De acordo com o documento, o caso teve início após uma denúncia anônima encaminhada à Ouvidoria do MPMG, questionando a falta de transparência no processo seletivo para contratação temporária de fiscal sanitário. O edital previa apenas uma etapa — uma prova objetiva —, mas não informava quais conteúdos seriam cobrados dos candidatos, o que, segundo o MP, compromete a igualdade de condições entre os participantes.
Outro ponto destacado na ação é que a prova teria sido elaborada por um servidor da área de Recursos Humanos sem conhecimento técnico específico sobre as atribuições do cargo. Apesar disso, o exame continha questões de conhecimentos específicos, o que contraria a justificativa apresentada pela própria Prefeitura.

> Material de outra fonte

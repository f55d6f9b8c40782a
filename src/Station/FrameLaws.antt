-- ===== src/Station/FrameLaws.antt =====
-- internal/backend/basicstation/structs: the LoRaWAN frames that are rebuilt from the fields of a message.

use lora_gateway_bridge.Common.{
  ℕ, suc, zero, ◌-◌, ◌%◌, ◌/◌, ◌^◌, ◌<◌, ◌≡◌, refl, ap, ◌∙◌, List, [], ◌∷◌, ◌++◌, take, drop,
  length, length-append, arith, Bytes, IsBytes, Eui64, put_u16_le, u16_le, u16_le-put_u16_le,
  put_u32_le, u32_le, ok, Option, none, some,
}
use lora_gateway_bridge.Common.Hex.{hex_encode, hex_decode-hex_encode}
use lora_gateway_bridge.Common.Int.{ℤ, pos, negsuc, signed_word}
use lora_gateway_bridge.Gw.{UplinkTxInfo, UplinkRxInfo}
use lora_gateway_bridge.Station.Band.{Band}
use lora_gateway_bridge.Station.Meta.{RadioMetaData, Conversions, set_radio_meta_data_to_proto}
use lora_gateway_bridge.Station.Uplink.{
  UplinkDataFrame, put_i32_le, port_and_payload, data_phy_payload, frame_of,
  uplink_data_frame_to_proto,
}

-- A LoRaWAN data frame: the port and the payload, or nothing.
pub record DataFrame : Type 0 where
  pub mhdr : ℕ
  pub dev_addr : ℕ
  pub f_ctrl : ℕ
  pub f_cnt : ℕ
  pub f_opts : Bytes
  pub content : Option (ℕ × Bytes)
  pub mic : ℕ

-- The fields have their widths, and the low half of FCtrl is the length of FOpts.
pub record IsDataFrame (d : DataFrame) : Type 0 where
  pub words : (d.dev_addr < 4294967296) × (d.mic < 4294967296)
  pub counter : d.f_cnt < 65536
  pub options : IsBytes d.f_opts × (length d.f_opts ≡ d.f_ctrl % 16)
  pub port_and_bytes :
      (port : ℕ) (bytes : Bytes) → d.content ≡ some (port, bytes) → (port < 256) × IsBytes bytes

-- The reader of the LoRaWAN layout: MHDR, DevAddr, FCtrl, FCnt, FOpts, FPort, FRMPayload, MIC.
abbrev read_content : Bytes → Option (ℕ × Bytes)
read_content [] = none
read_content (port ∷ bytes) = some (port, bytes)

abbrev pub read_mic : Bytes → ℕ
read_mic (m0 ∷ m1 ∷ m2 ∷ m3 ∷ []) = u32_le m0 m1 m2 m3
read_mic _ = 0

abbrev pub read_data_frame : Bytes → Option DataFrame
read_data_frame (h ∷ a0 ∷ a1 ∷ a2 ∷ a3 ∷ c ∷ n0 ∷ n1 ∷ body) =
    let rest = drop (c % 16) body in
    some (record {
      mhdr = h;
      dev_addr = u32_le a0 a1 a2 a3;
      f_ctrl = c;
      f_cnt = u16_le n0 n1;
      f_opts = take (c % 16) body;
      content = read_content (take (length rest - 4) rest);
      mic = read_mic (drop (length rest - 4) rest);
    })
read_data_frame _ = none

-- The message that the station sends for a frame.
abbrev port_of : Option (ℕ × Bytes) → ℤ
port_of none = negsuc 0
port_of (some (port, bytes)) = pos port

abbrev text_of : Option (ℕ × Bytes) → Bytes
text_of none = []
text_of (some (port, bytes)) = hex_encode bytes

abbrev pub message_of_frame : {R : Type 0} → RadioMetaData R → DataFrame → UplinkDataFrame R
message_of_frame rmd d = record {
  radio_meta_data = rmd;
  mhdr = d.mhdr;
  dev_addr = signed_word (2 ^ 32) d.dev_addr;
  f_ctrl = d.f_ctrl;
  f_cnt = d.f_cnt;
  f_opts = hex_encode d.f_opts;
  f_port = port_of d.content;
  frm_payload = text_of d.content;
  mic = signed_word (2 ^ 32) d.mic;
}

abbrev content_bytes : Option (ℕ × Bytes) → Bytes
content_bytes none = []
content_bytes (some (port, bytes)) = port ∷ bytes

read_content-content_bytes : (o : Option (ℕ × Bytes)) → read_content (content_bytes o) ≡ o
read_content-content_bytes none = refl
read_content-content_bytes (some (port, bytes)) = refl

pub put_i32_le_word : (w : ℕ) → w < 4294967296 → put_i32_le (signed_word (2 ^ 32) w) ≡ put_u32_le w
unfolding put_i32_le
put_i32_le_word w h = ap put_u32_le (ground arith)

u32_le-put_u32_le :
    (v : ℕ)
    → v < 4294967296
    → u32_le (v % 256) (v / 256 % 256) (v / 65536 % 256) (v / 16777216 % 256) ≡ v
unfolding u32_le
u32_le-put_u32_le v h = omega arith

port_and_payload_content :
    (o : Option (ℕ × Bytes))
    → ((port : ℕ) (bytes : Bytes) → o ≡ some (port, bytes) → (port < 256) × IsBytes bytes)
    → port_and_payload (port_of o) (text_of o) ≡ ok (content_bytes o)
unfolding port_and_payload hex_encode
port_and_payload_content none h = refl
port_and_payload_content (some (port, [])) h = ground (arith, h port [] refl)
port_and_payload_content (some (port, b ∷ bytes)) h =
    ground (arith, h port (b ∷ bytes) refl, hex_decode-hex_encode (b ∷ bytes))

take-length {ℓ} : {A : Type ℓ} (xs ys : List A) (n : ℕ) → length xs ≡ n → take n (xs ++ ys) ≡ xs
take-length [] ys zero e = refl
take-length [] ys (suc n) e = absurd (omega arith)
take-length (x ∷ xs) ys zero e = absurd (omega arith)
take-length (x ∷ xs) ys (suc n) e = ap (λ t. x ∷ t) (take-length xs ys n (omega arith))

drop-length {ℓ} : {A : Type ℓ} (xs ys : List A) (n : ℕ) → length xs ≡ n → drop n (xs ++ ys) ≡ ys
drop-length [] ys zero e = refl
drop-length [] ys (suc n) e = absurd (omega arith)
drop-length (x ∷ xs) ys zero e = absurd (omega arith)
drop-length (x ∷ xs) ys (suc n) e = drop-length xs ys n (omega arith)

-- the bytes behind FCnt
abbrev body_of : DataFrame → Bytes
body_of d = d.f_opts ++ (content_bytes d.content ++ put_u32_le d.mic)

abbrev frame_bytes : DataFrame → Bytes
frame_bytes d = d.mhdr ∷ (put_u32_le d.dev_addr ++ (d.f_ctrl ∷ (put_u16_le d.f_cnt ++ body_of d)))

data_phy_payload-frame_bytes :
    {R : Type 0} (rmd : RadioMetaData R) (d : DataFrame)
    → IsDataFrame d
    → data_phy_payload (message_of_frame rmd d) ≡ ok (frame_bytes d)
unfolding data_phy_payload
data_phy_payload-frame_bytes rmd d w =
    rw
      (
        hex_decode-hex_encode d.f_opts w.options.0,
        port_and_payload_content d.content w.port_and_bytes,
        put_i32_le_word d.dev_addr w.words.0,
        put_i32_le_word d.mic w.words.1,
      )
      refl

length-put_u32_le : (v : ℕ) → length (put_u32_le v) ≡ 4
unfolding put_u32_le
length-put_u32_le v = refl

pub read_mic-put_u32_le : (v : ℕ) → v < 4294967296 → read_mic (put_u32_le v) ≡ v
unfolding put_u32_le
read_mic-put_u32_le v h = u32_le-put_u32_le v h

-- what the reader makes of the bytes behind FCnt
abbrev read_body : ℕ → ℕ → ℕ → ℕ → Bytes → DataFrame
read_body h a c n body =
    let rest = drop (c % 16) body in
    record {
      mhdr = h;
      dev_addr = a;
      f_ctrl = c;
      f_cnt = n;
      f_opts = take (c % 16) body;
      content = read_content (take (length rest - 4) rest);
      mic = read_mic (drop (length rest - 4) rest);
    }

read-header :
    (h a c n : ℕ) (body : Bytes)
    → a < 4294967296
    → n < 65536
    → read_data_frame (h ∷ (put_u32_le a ++ (c ∷ (put_u16_le n ++ body))))
      ≡ some (read_body h a c n body)
unfolding put_u16_le put_u32_le
read-header h a c n body ha hn = rw (u32_le-put_u32_le a ha, u16_le-put_u16_le n hn) refl

read_body-body_of :
    (d : DataFrame) → IsDataFrame d → read_body d.mhdr d.dev_addr d.f_ctrl d.f_cnt (body_of d) ≡ d
read_body-body_of d w =
    let mic = put_u32_le d.mic in
    let rest = content_bytes d.content ++ mic in
    let size : length rest - 4 ≡ length (content_bytes d.content) =
      omega (arith, length-append (content_bytes d.content) mic, length-put_u32_le d.mic) in
    rw
      (
        take-length d.f_opts rest (d.f_ctrl % 16) w.options.1,
        drop-length d.f_opts rest (d.f_ctrl % 16) w.options.1,
        size,
        take-length (content_bytes d.content) mic (length (content_bytes d.content)) refl,
        drop-length (content_bytes d.content) mic (length (content_bytes d.content)) refl,
        read_content-content_bytes d.content,
        read_mic-put_u32_le d.mic w.words.1,
      )
      refl

-- Whenever the meta-data of a message can be converted, the message that stands for a well-formed LoRaWAN
-- data frame is converted to an uplink with this meta-data, whose PHYPayload is read back, by the
-- layout of LoRaWAN, as exactly the frame: its header, address, control, counter, options, port and
-- payload (or neither), and MIC.
pub uplink_data_frame_reads_back :
    {R F : Type 0} (conv : Conversions R F) (band : Band) (gateway_id : Eui64)
    (rmd : RadioMetaData R) (d : DataFrame) (info : UplinkTxInfo × UplinkRxInfo F)
    → IsDataFrame d
    → set_radio_meta_data_to_proto conv band gateway_id rmd ≡ ok info
    → (phy : Bytes) × (uplink_data_frame_to_proto conv band gateway_id (message_of_frame rmd d)
        ≡ ok (frame_of info phy))
      × (read_data_frame phy ≡ some d)
unfolding uplink_data_frame_to_proto
uplink_data_frame_reads_back conv band gateway_id rmd d info w h = (
  frame_bytes d,
  rw (h, data_phy_payload-frame_bytes rmd d w) refl,
  read-header d.mhdr d.dev_addr d.f_ctrl d.f_cnt (body_of d) w.words.0 w.counter
      ∙ ap (λ x. some x) (read_body-body_of d w),
)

O Ministério Público também questiona a própria natureza da contratação. Embora o edital mencione a formação de cadastro de reserva, há indicação de existência de vagas ociosas, o que, na avaliação do órgão, poderia exigir a realização de concurso público, e não um processo seletivo simplificado.
Antes de recorrer à Justiça, o MP chegou a recomendar a anulação do processo seletivo, mas, segundo a ação, o município não respondeu dentro do prazo estabelecido. O caso ainda se soma a outro procedimento recente envolvendo o mesmo município, que já havia sido alvo de questionamentos por irregularidades em um edital anterior.
Na ação, o Ministério Público pede, em caráter liminar, a suspensão imediata do processo seletivo e de todas as nomeações decorrentes dele. No mérito, solicita a anulação definitiva do certame e a proibição de novos processos seletivos sem a devida previsão de conteúdo programático.
O caso tramita na 2ª Vara Cível da Comarca de Muriaé e ainda aguarda decisão judicial.